Often in youth and "career" groups, the emphasis is placed on fun. It's almost like the churches want young folks to remain in a prolonged state of adolescence. I think that is what has made the orthodox (Greek etc.) styles so appealing in recent years -- it shows a serious form of worship and conduct. (We have a college near us that attracts mostly very bright, home schooled students. For a few years this orthodox-style was definitely the trend as students selected churches, even if it was foreign to what they had had at home.)

What I see in our church are young people who have been progressively encouraged to grow in their faith and knowledge of the Lord. They have a lot of fun together, but I'd place their doctrinal knowledge and practice as very substantial when compared to many adults. The OPC has a program to encourage young men to explore whether pastoral ministry is a possibility. I've been thinking the local churches might benefit from a similar program to let young people see where their talents fit and to encourage them to take on responsibility within the congregation, even if its not a specific office.
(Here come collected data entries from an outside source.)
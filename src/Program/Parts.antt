-- ===== src/Program/Parts.antt =====
-- cmd/api/main.go: the clients that `run` makes of the settings, what it hands to the stages, and what
-- the server's handlers know.
use invoice_ocr_poc.Base.{
  true, not, refl, Option, none, some, ◌≡◌, ◌≢◌, ◌↔◌, String, Int64, is_empty, [], ◌∷◌,
}
use invoice_ocr_poc.Errors.{Error}
use invoice_ocr_poc.Float.{Float}
use invoice_ocr_poc.Strings.{Text, codes}
use invoice_ocr_poc.Http.{Transport, Verbs}
use invoice_ocr_poc.Config.Fields.{Config}
use invoice_ocr_poc.Jev.Client.{Client, Network, Json, judge, new_client}
use invoice_ocr_poc.Openrouter.Client.{
  Client as AssistClient, Json as ChatJson, new_client as new_assist_client, assistant,
}
use invoice_ocr_poc.Ocr.Tesseract.{Binary, new_tesseract}
use invoice_ocr_poc.Ocr.Tesseract
use invoice_ocr_poc.Ocr.Vision.{OpenRouter, new_open_router, Inputs}
use invoice_ocr_poc.Ocr.Vision
use invoice_ocr_poc.Httpserver.Health.{Deps, health, has_engine, health-ok}
use invoice_ocr_poc.Service.Types.{Engine, Service, Job, World, Outcome}
use invoice_ocr_poc.Service.Judging.{HopTimes}
use invoice_ocr_poc.Store.Db.{IsDb}
use invoice_ocr_poc.Service.Stages.{Sights, stage_jev}
use invoice_ocr_poc.Service.Stages.Done.{FailsOrStores, stage_jev_done}

module _ {F : Type 0} (cfg : Config F) where
  unfoldable pub judge_client : Client
  unfolding new_client
  judge_client = new_client cfg.typesafe_base_url cfg.typesafe_api_key

  unfoldable pub assist_client : AssistClient
  unfolding new_assist_client
  assist_client =
      new_assist_client cfg.openrouter_base_url cfg.openrouter_api_key cfg.openrouter_model

  unfoldable pub or_ocr : OpenRouter
  unfolding new_open_router
  or_ocr = new_open_router cfg.openrouter_base_url cfg.openrouter_api_key cfg.openrouter_ocr_model

  -- The dependencies of the handlers, with the search for the binary.
  unfoldable pub deps : Binary → Deps
  unfolding Tesseract.available new_tesseract
  deps binary = record {
    ocr_available = some (Tesseract.available binary (new_tesseract cfg.tesseract_lang));
    has_ollama = true;
    has_api_key = not (is_empty cfg.typesafe_api_key);
    has_openrouter_key = not (is_empty cfg.openrouter_api_key);
    max_body_bytes = cfg.max_upload_bytes;
    ocr_name = cfg.ocr_engine;
    ollama_model = cfg.ollama_ocr_model;
    openrouter_model = cfg.openrouter_model;
    openrouter_ocr_model = cfg.openrouter_ocr_model;
  }

  is_set : (t : Text) → (not (is_empty t) ≡ true) ↔ (t ≢ [])
  is_set [] = (λ h. absurd (cc h), λ n. absurd (n refl))
  is_set (c ∷ t) = (λ h e. cc, λ n. refl)

  -- The health of the program is "ok" exactly if the database answers, the Tesseract binary is on the
  -- PATH, and the keys of TypeSafe and OpenRouter are set. Ollama, and the engine that is named in the
  -- settings, do not count.
  pub deps-healthy :
      (binary : Binary) (ping : Option Error)
      → ((health (deps binary) ping).status ≡ codes "ok") ↔ (
          (ping ≡ none)
          × (binary.on_path ≡ true)
          × (cfg.typesafe_api_key ≢ [])
          × (cfg.openrouter_api_key ≢ []))
  unfolding deps has_engine Tesseract.available
  deps-healthy binary ping =
      let there = health-ok (deps binary) ping in
      let key = is_set cfg.typesafe_api_key in
      let router_key = is_set cfg.openrouter_api_key in
      (
        λ h. let (a, b, c, e) = there.0 h in (a, b, key.0 c, router_key.0 e),
        λ (a, b, c, e). there.1 (a, b, key.1 c, router_key.1 e),
      )

module _ {F : Type 0} ⦃d : Float F⦄ (cfg : Config F) (net : Network) (json : Json F)
    (transport : Transport) (chat_json : ChatJson F) (inputs : Inputs F) (verbs : Verbs)
    (show_int : Int64 → String) (elapsed : Int64) where
  -- OpenRouter as the engine of the last stage.
  unfoldable pub or_engine : Engine F
  unfolding or_ocr
  or_engine = record {
    name = "*ocr.OpenRouter";
    available = Vision.available (some (or_ocr cfg));
    recognize = Vision.recognize transport verbs inputs elapsed (some (or_ocr cfg));
  }

  -- The last stage as the pipeline calls it.
  unfoldable pub jev_stage :
      {T C : Type 0}
      → (String → Text)
      → Service F T C
      → HopTimes
      → Sights
      → World T C
      → Job F
      → Outcome F T C
  unfolding judge_client assist_client or_engine
  jev_stage text_of s t o w j =
      stage_jev s text_of (some (judge net json verbs show_int elapsed (judge_client cfg)))
        (some (assistant transport chat_json verbs elapsed (assist_client cfg))) (some or_engine) t
        o w j

  -- The last stage of the program either reports an error, or it leaves a job that is done and stored.
  pub jev_stage-FailsOrStores :
      {T C : Type 0} (text_of : String → Text) (s : Service F T C) (laws : IsDb s.db) (t : HopTimes)
      (o : Sights) (w : World T C) (j : Job F)
      → FailsOrStores s laws (jev_stage text_of s t o w j)
  unfolding jev_stage
  jev_stage-FailsOrStores text_of s laws t o w j =
      stage_jev_done s laws text_of
        (some (judge net json verbs show_int elapsed (judge_client cfg)))
        (some (assistant transport chat_json verbs elapsed (assist_client cfg))) (some or_engine) t
        o w j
On the other hand, "churches" that advertise, come-as-you-are, see-what-Jesus-can-do-for you, have lost the ballgame before it's even started;and they've lost it with the very people -- young, educated, perhaps urban folks -- that they're trying to reach. I think it was in England somewhere that a church of this type is meeting in a bar. How do you teach people to reject the world and to take on the suffering of Christ in_ that_ setting? Those with some substantial teaching in their background might find this appealing for a while, but interest has got to drop off without real feeding. The others? It's hard to imagine anyone coming to saving faith with such a me-centered approach. And if they do, they'll (I hope) move on to more substantial churches.


----------



## jwright82 (Jan 19, 2011)

Wow that is a blessing to hear! I guess I was refering to broader evangelical churches, I just always hear that people in other churches. Maybe its just my area. My church seems ok but I just always hear that from people. That is good that confessional churchs are uneffected by this perception, I was just asking out of curiousity thats all.


----------



## Skyler (Jan 19, 2011)

Pergamum said:


> I've been to your church several times now and love the vibrant worship there. I would point out that, while you all are confessionally conservative, you do have very good music (and including instruments) and you have overhead projection, nice facilities and good audio/video. You also seem to be in a growing suburb of Atlanta.
> 
> Also, you have a number of elders that personally engage the people. Also, Butch has said to me before that he thinks of himself as a coach....he is training to prepare the team to go forth and win the game, rather than do all the work himself.
> 
> ...



My church has old church signs, a really old and decrepit facility, traditional a capella music, a projector that we haul out on a makeshift stand for special occasions, a sound system that's held together with duct tape and coat hangers, and have only two elders.

And yet our youth are thriving.

We haven't been seeing a whole lot of new blood. (We're praying for some.) But those of us that are here are sticking it out obstinately, some more so than even their parents.


----------



## Moireach (Jan 19, 2011)

To the anger and annoyance of many young people in the Free Church of Scotland, 'keeping young people in the church' was a reason stated at the assembly (and is still being stated since) to introduce hymn singing with instrumental accompaniment.


----------



## Edward (Jan 19, 2011)

jwright82 said:


> This problem becomes accute when we consider tithing and leadership



A factor in the giving is that young folks are coming into the work force buried in debt. It's a structural problem. 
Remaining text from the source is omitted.